======== Information supplied
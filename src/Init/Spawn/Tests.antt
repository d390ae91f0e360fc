-- ===== src/Init/Spawn/Tests.antt =====
-- Runs of the spawn requests.
use axiom_evi_apps.Prelude.{ℕ, ◌≡◌, refl, arith, true, false, List, [], ◌∷◌, some, done}
use axiom_evi_apps.Bits.{test_bit}
use axiom_evi_apps.Init.Session.Handler.{used_lem}
use axiom_evi_apps.Init.Spawn.{
  Slot, Request, Launch, State, Part, no_slot, assemble, launch_of, store, data_string, spawn_req,
  spawn_all, c_string,
}
use axiom_evi_apps.Init.Spawn.Slots.{lookup}
use axiom_evi_apps.Init.Spawn.Series.{assembled, spawn_req-launches}

abbrev part : ℕ → Part → List ℕ → Request
part session p bytes = record {
  is_request = true;
  session_id = session;
  flag_reset = false;
  flag_exec = false;
  part = p;
  data_bytes = bytes;
}

abbrev start : Slot
start = record (no_slot 255) { session_id = 3; exec = some (108 ∷ 115 ∷ []) }

abbrev one_session : State
one_session = record {
  slots = no_slot 255 ∷ start ∷ no_slot 255 ∷ no_slot 255 ∷ [];
  sessions = 0b10000;
}

abbrev parts : List Request
parts = part 3 Part.arg_part (45 ∷ 97 ∷ 0 ∷ []) ∷ part 2 Part.exe_part (109 ∷ 0 ∷ []) ∷ []

abbrev last : Request
last = record (part 3 Part.arg_part (98 ∷ 0 ∷ [])) { flag_exec = true }

own_parts :
    (launch_of (assemble 8 false last (assembled 8 3 parts start))).args
    ≡ (45 ∷ 97 ∷ []) ∷ (98 ∷ []) ∷ []
unfolding assembled assemble launch_of store data_string c_string
own_parts = refl

spawn_req-launches_example :
    (r : State × List Launch) × (q : State × List Launch) × (spawn_all 255 8 parts one_session
      ≡ done r)
    × (spawn_req 255 8 last r.0 ≡ done q)
    × (q.1 ≡ launch_of (assemble 8 last.flag_reset last (assembled 8 3 parts start)) ∷ [])
spawn_req-launches_example =
    spawn_req-launches 255 8 (omega arith) 3 (omega arith) parts last start one_session
      ((omega arith, λ e. refl), ((omega arith, λ e. refl), tt)) (unfold lookup in refl)
      (unfold test_bit in used_lem 3 0b10000 (omega arith)) refl refl refl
================
**Exercise aim**. Each line in the entries above that includes the string "true" adds to the count; state that count only.

**Solution to this problem**. 3